All people have a gift, a way they perceive the world - whether auditory, kinesthetic or visual. I perceive the world as a vast array of visual elements - observing, exploring and expressing my perception of it through what I capture through my camera's viewfinder. Because of Jesus Christ and His many blessings, I am inspired to be creative by capturing the beauty of what surrounds me - especially through other people. I started getting into photography more seriously during my sophomore year of high school when I first got my digital SLR camera. Since then, photography has become my primary creative medium and it not only allows me to express what I observe but also serves as an invaluable learning tool. It helps me to be a creative problem solver and transfers to my visual intuitiveness of the videos and films I have created. (See more Sarah Lee photos at http://www.flickr.com/photos/clashed/)

Dexter Larimore

The Ohio State University, junior, football








My mother is the one who first encouraged me to be creative. She taught students in art and pottery, and watching her made me want to try my own way of doing things, developing my own ideas. I am grateful that she provided such a role model for me, and I think that carried over into high school. I think I was an encouragement to a bunch of students who hadn't tried art.
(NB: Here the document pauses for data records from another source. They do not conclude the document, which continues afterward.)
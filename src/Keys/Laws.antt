-- ===== src/Keys/Laws.antt =====
-- Both ends of a conversation derive one key.
use lortnoc_tahc.Base.{◌≡◌, refl, sym, not, some, ◌⊎◌, inl, inr, ◌∙◌, [], ◌∷◌, length, Bytes, arith}
use lortnoc_tahc.Keys.{
  Crypto, CryptoLaws, greater, sort_pair, derive_conv_key, encrypt, try_decrypt,
}

-- On arrays of one length the comparison is antisymmetric and total.
greater_swap : (a b : Bytes) → length a ≡ length b → (greater a b ≡ not (greater b a)) ⊎ (a ≡ b)
unfolding greater
greater_swap [] [] h = inr refl
greater_swap [] (y ∷ ys) h = absurd (omega arith)
greater_swap (x ∷ xs) [] h = absurd (omega arith)
greater_swap (x ∷ xs) (y ∷ ys) h = ground (arith, greater_swap xs ys (omega arith))

sort_pair_comm : (a b : Bytes) → length a ≡ length b → sort_pair a b ≡ sort_pair b a
unfolding sort_pair
sort_pair_comm a b h = elim (greater_swap a b h) [
  | inl swapped ↦ ground (arith, swapped)
  | inr same ↦ rw same
]

module _ (c : Crypto) (laws : CryptoLaws c) where
  -- Two parties with honest key pairs derive one conversation key, whichever of them is which: the
  -- key does not depend on who offered and who answered.
  pub derive_conv_key_agree :
      (a b : Bytes)
      → derive_conv_key c a (c.public_key b) (c.public_key a)
        ≡ derive_conv_key c b (c.public_key a) (c.public_key b)
  unfolding derive_conv_key
  derive_conv_key_agree a b =
      rw (
        derive_conv_key,
        laws.agreement a b,
        sort_pair_comm (c.public_key a) (c.public_key b) sized,
      )
    where
      sized : length (c.public_key a) ≡ length (c.public_key b)
      sized = laws.key_size a ∙ sym (laws.key_size b)

  -- What one end encrypts under its key, the other end decrypts under its own.
  pub try_decrypt-encrypt :
      (a b text : Bytes)
      → try_decrypt c
          (derive_conv_key c b (c.public_key a) (c.public_key b))
          (encrypt c (derive_conv_key c a (c.public_key b) (c.public_key a)) text)
        ≡ some text
  unfolding try_decrypt encrypt
  try_decrypt-encrypt a b text = rw (derive_conv_key_agree a b) (laws.opens _ text)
A lot of people thought art classes were kind of soft, but when they saw a football and wrestling guy like me in them, a lot of other people tried them out. I'm proud if I had an influence.

Kristina Baskett

University of Utah, senior, gymnastics








My first "real" experience with photography was when I was a senior at Mt. Rainier High School in Des Moines, Washington. I spent the last week of my senior year in the photography darkroom by myself, developing photos of all my friends and family. I was fascinated by photography and took another class as a freshman in college just for fun. It wasn't until I got my first SLR camera that I fell in love with taking photographs. I love being around people, and I have found that people are by far my favorite subject. There are no limitations to what you can do or create, and the possibilities are endless. I know I have an honest love for photography because I get the same feelings that I get from my sport of gymnastics, and it is exciting to know that I have another passion that I will be able to carry on after my gymnastics career. What I have learned in my sport is helping me discover my place in the photography world. I know I have a long way to go, but I hope photography takes me through as many life experiences and provides as much happiness as gymnastics has.

Derek Cheng

Johns Hopkins University, sophomore, cross country and track and field







My elementary school honored me with an award for my artistic skills when I graduated. In middle school, I started taking private lessons with Huixia Li. She taught me how to use drawing to help improve my sculpture and how to use sculpture to improve my drawing. For example, without learning how to draw, my sculptures would have been out of proportion; and without experience in sculpture, I would not have known how to use the angle of cross-hatching to represent depth in two-dimensional work. I am also very grateful for my art teachers at John Burroughs School, Donya Allison and Anne Martin, for expanding my depth in art. The art facilities there allowed them to expose me to much more art media, ranging from prints to wire sculptures. They also strengthened my fundamental understanding by having the class paint color wheels and write artist's statements that expressed our thoughts on our own work. But whether I drew for an assignment or sketched during the little free time I had, I gave the same attention to detail, enjoyed a similar sense of challenge and felt just as proud when I finished.